Bernarda Fink connaît enfin depuis quelques années le succès mérité après vingt ans de carrière. Je me souviens, ému, de ses premiers concerts à Paris, au milieu des années 80 (sans doute 1986-1987) quand elle était soliste d'oratorios et de messes dirigées par Michel Corboz à l'Orchestre Colonne. La voix était déjà superlative. Elle n'a fait qu'embellir. Ce qui est admirable, si l'on compare par exemple à ce que fait Benackova, c'est cette simple émotion qui naît d'une grande finesse d'esprit et d'un soutien admirable de la ligne de chant.
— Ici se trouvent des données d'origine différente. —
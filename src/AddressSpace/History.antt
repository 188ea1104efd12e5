-- ===== src/AddressSpace/History.antt =====
-- Any sequence of calls of address-space.c on regions and spaces.
use vart.Common.{
  ℕ, sym, inl, inr, Bool, not, ◌&&◌, ◌||◌, Option, some, List, [], ◌∷◌, ℕ_discrete, ◌==◌,
  Bool-cases, ==_refl, ==_ne, is_null, length,
}
use vart.AddressSpace.Defs.{World}
use vart.AddressSpace.Ranges.{IsRegion}
use vart.AddressSpace.Ops.{add, remove, set_enabled, space_destroy, set_translator}
use vart.AddressSpace.Invariant.{IsWell}
use vart.AddressSpace.Preserve.{add-IsWell, remove-IsWell}
use vart.AddressSpace.Lifecycle.{set_enabled-IsWell, space_destroy-IsWell}

-- A call, with its space, its region, and what else it takes.
pub data Call : Type 0 where
  adds : ℕ → ℕ → Bool → Call
  removes : ℕ → ℕ → Call
  enables : ℕ → ℕ → Bool → Call
  destroys : ℕ → Call
  translates : ℕ → Option ℕ → Option ℕ → Call

module _ {D : Type 0} where
  unfoldable pub step : World D → Call → World D
  step w (adds s r allocated) = (add w (some s) (some r) allocated).0
  step w (removes s r) = (remove w (some s) (some r)).0
  step w (enables s r enabled) = (set_enabled w (some s) (some r) enabled).0
  step w (destroys s) = space_destroy w s
  step w (translates s translate opaque) = (set_translator w (some s) translate opaque).0

  unfoldable pub run : World D → List Call → World D
  run w [] = w
  run w (call ∷ calls) = run (step w call) calls

  -- A region that is added passed `vart_address_region_init` before.
  abbrev pub Ready : World D → Call → Type 0
  Ready w (adds s r allocated) = IsRegion (w.region r)
  Ready w _ = Unit {0}

  abbrev pub Initialised : World D → List Call → Type 0
  Initialised w [] = Unit {0}
  Initialised w (call ∷ calls) = Ready w call × Initialised (step w call) calls

  set_translator-IsWell :
      (w : World D) (s : ℕ) (translate opaque : Option ℕ)
      → IsWell w
      → IsWell (set_translator w (some s) translate opaque).0
  unfolding set_translator
  set_translator-IsWell w s translate opaque v =
      elim (Bool-cases (is_null translate && not (is_null opaque))) [
        | inl bad ↦ rw bad v
        | inr good ↦
            elim (Bool-cases
              (not (length (w.space s).regions == 0) || not (is_null (w.space s).translate))) [
                | inl busy ↦ rw (good, busy) v
                | inr free ↦
                    rw (good, free)
                      (record {
                        mapped = λ t. elim (ℕ_discrete t s) [
                          | yes e ↦ rw (e, ==_refl) (v.mapped s)
                          | no d ↦ rw (==_ne s t (λ h. d (sym h))) (v.mapped t)
                        ];
                      })
              ]
      ]

  step-IsWell : (w : World D) (call : Call) → Ready w call → IsWell w → IsWell (step w call)
  unfolding step
  step-IsWell w (adds s r allocated) h v = add-IsWell w s r allocated h v
  step-IsWell w (removes s r) h v = remove-IsWell w s r v
  step-IsWell w (enables s r enabled) h v = set_enabled-IsWell w (some s) (some r) enabled v
  step-IsWell w (destroys s) h v = (space_destroy-IsWell w s v).0
  step-IsWell w (translates s t o) h v = set_translator-IsWell w s t o v

  -- No sequence of calls, whatever they return, makes an address space ambiguous: if every region was
  -- initialised when it was added, all spaces stay well formed, so that mapped regions have valid
  -- ranges, point back at their space, are mapped once, and share no address within a priority.
  pub run-IsWell :
      (w : World D) (calls : List Call) → Initialised w calls → IsWell w → IsWell (run w calls)
  unfolding run
  run-IsWell w [] h v = v
  run-IsWell w (call ∷ calls) h v = run-IsWell (step w call) calls h.1 (step-IsWell w call h.0 v)
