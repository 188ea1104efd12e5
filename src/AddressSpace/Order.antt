-- ===== src/AddressSpace/Order.antt =====
-- The order in which regions were mapped does not show.
use vart.Common.{
  ℕ, ◌+◌, ◌^◌, ◌≤◌, ◌<◌, ◌≡◌, refl, sym, ap, ◌∙◌, subst, ◌≢◌, ◌↔◌, ◌⊎◌, inl, inr, true, Option,
  none, some, List, [], ◌∷◌, arith, ℕ_discrete, All, In, All-In, All-of_In, ◌≤ℤ◌, eq_of_parts,
}
use vart.AddressSpace.Defs.{Region, World}
use vart.AddressSpace.Ranges.{IsRegion}
use vart.AddressSpace.Access.{find}
use vart.AddressSpace.Find.{Serves, IsAnswer, find-IsAnswer}
use vart.AddressSpace.Invariant.{Apart, AllApart, IsWell}

-- Any two different regions of a list that is apart are apart.
AllApart-In :
    (regions : ℕ → Region) (qs : List ℕ) (a b : ℕ)
    → AllApart regions qs
    → In a qs
    → In b qs
    → a ≢ b
    → Apart (regions a) (regions b) ⊎ Apart (regions b) (regions a)
AllApart-In regions [] a b h ma mb n = elim ma [ ]
AllApart-In regions (q ∷ qs) a b h (inl ea) (inl eb) n = absurd (n (ea ∙ sym eb))
AllApart-In regions (q ∷ qs) a b h (inl ea) (inr mb) n =
    inl (rw ea (All-In (λ p. Apart (regions q) (regions p)) qs b h.0 mb))
AllApart-In regions (q ∷ qs) a b h (inr ma) (inl eb) n =
    inr (rw eb (All-In (λ p. Apart (regions q) (regions p)) qs a h.0 ma))
AllApart-In regions (q ∷ qs) a b h (inr ma) (inr mb) n = AllApart-In regions qs a b h.1 ma mb n

module _ {D : Type 0} (w : World D) (s address size : ℕ) where
  -- Two regions of one priority never serve one access that is not empty.
  Serves-unique :
      (a b : ℕ)
      → IsWell w
      → 0 < size
      → Serves w s address size a
      → Serves w s address size b
      → (w.region a).priority ≡ (w.region b).priority
      → a ≡ b
  Serves-unique a b v pos_size sa sb e = elim (ℕ_discrete a b) [
    | yes h ↦ h
    | no n ↦ absurd (elim (AllApart-In w.region _ a b (v.mapped s).apart sa.mapped sb.mapped n) [
      | inl h ↦
          h e address (sa.above, let l = sa.below in omega arith)
            (sb.above, let l = sb.below in omega arith)
      | inr h ↦
          h (sym e) address (sb.above, let l = sb.below in omega arith)
            (sa.above, let l = sa.below in omega arith)
    ])
  ]

  IsAnswer-unique :
      (o p : Option ℕ)
      → IsWell w
      → 0 < size
      → IsAnswer w s address size o
      → IsAnswer w s address size p
      → o ≡ p
  IsAnswer-unique none none v pos_size ho hp = refl
  IsAnswer-unique none (some b) v pos_size ho hp = absurd (ho b hp.0)
  IsAnswer-unique (some a) none v pos_size ho hp = absurd (hp a ho.0)
  IsAnswer-unique (some a) (some b) v pos_size ho hp = ap some (
      Serves-unique a b v pos_size ho.0 hp.0
        (eq_of_parts _ _ (let l = ho.1 b hp.0 in let m = hp.1 a ho.0 in omega arith)))

module _ {D : Type 0} (w v : World D) (s address size : ℕ) where
  Serves-order :
      (q : ℕ)
      → v.region ≡ w.region
      → (In q (v.space s).regions → In q (w.space s).regions)
      → Serves v s address size q
      → Serves w s address size q
  Serves-order q same m h = record {
    mapped = m h.mapped;
    on = subst (λ (f : ℕ → Region). (f q).enabled ≡ true) same h.on;
    above = subst (λ (f : ℕ → Region). (f q).base ≤ address) same h.above;
    below = subst (λ (f : ℕ → Region). address + size ≤ (f q).base + (f q).size) same h.below;
  }

module _ {D : Type 0} (w v : World D) (s address size : ℕ) where
  IsAnswer-order :
      (o : Option ℕ)
      → v.region ≡ w.region
      → ((q : ℕ) → In q (v.space s).regions ↔ In q (w.space s).regions)
      → IsAnswer v s address size o
      → IsAnswer w s address size o
  IsAnswer-order none same m h = λ q k. h q (Serves-order v w s address size q (sym same) (m q).1 k)
  IsAnswer-order (some r) same m h = (
    Serves-order w v s address size r same (m r).0 h.0,
    λ q k.
        subst (λ (f : ℕ → Region). (f q).priority ≤ℤ (f r).priority) same
          (h.1 q (Serves-order v w s address size q (sym same) (m q).1 k)),
  )

  -- The order in which regions were mapped does not matter: two worlds with the same regions, whose
  -- space holds the same ones in any order, give one answer to every access that is not empty, if
  -- the regions are well formed and the address and size are 64-bit numbers.
  pub find-order :
      IsWell w
      → v.region ≡ w.region
      → ((q : ℕ) → In q (v.space s).regions ↔ In q (w.space s).regions)
      → 0 < size
      → address < 2 ^ 64
      → size < 2 ^ 64
      → find v (some s) address size ≡ find w (some s) address size
  find-order well same m pos_size ha hs =
      IsAnswer-unique w s address size _ _ well pos_size
        (IsAnswer-order _ same m (find-IsAnswer v s address size valid ha hs))
        (find-IsAnswer w s address size (well.mapped s).valid ha hs)
    where
      valid : All (λ r. IsRegion (v.region r)) (v.space s).regions
      valid =
          All-of_In (λ r. IsRegion (v.region r)) _
            λ q i.
              subst (λ (f : ℕ → Region). IsRegion (f q)) (sym same)
                (All-In (λ r. IsRegion (w.region r)) _ q (well.mapped s).valid ((m q).0 i))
Benackova cherche à émouvoir ou à surprendre par telle ou telle couleur vocale, subtilement dosée, alors que chez Fink rien n'entrave le cours de la musique ou la pureté de l'émotion. À ceux qui pensaient que Magdalena Kozena avait atteint des sommets, Bernarda Fink montre que l'on pouvait viser encore plus haut, avec plus de subtilité. Ecoutez par exemple la 7e mélodie du cycle des Chants d'Amour, dans laquelle Kozena fait assaut de beau chant, alors que Fink nous livre comme une petite scène théâtrale intimiste.

Cet état de grâce perdure durant tout le disque magnifiquement agencé et s'achevant en majesté sur les Chants tziganes. Partout l'infini tact, le charme irradiant, la maîtrise de la projection vocale et de la ligne de chant sont des modèles absolus, faisant de ce disque non seulement une parution dvorakienne majeure, mais aussi l'un des grands disques de lieder de l'année. J'espère pour tous les familiers de la langue tchèque que le "coaching" linguistique de la chanteuse, que je ne suis hélas pas apte à juger, a été de meilleur niveau que certaines traductions et adaptations. Ainsi le cycle opus 73, Dans le ton populaire (ou Dans un esprit populaire), n'est certainement pas traduisible par "Dans le ton national".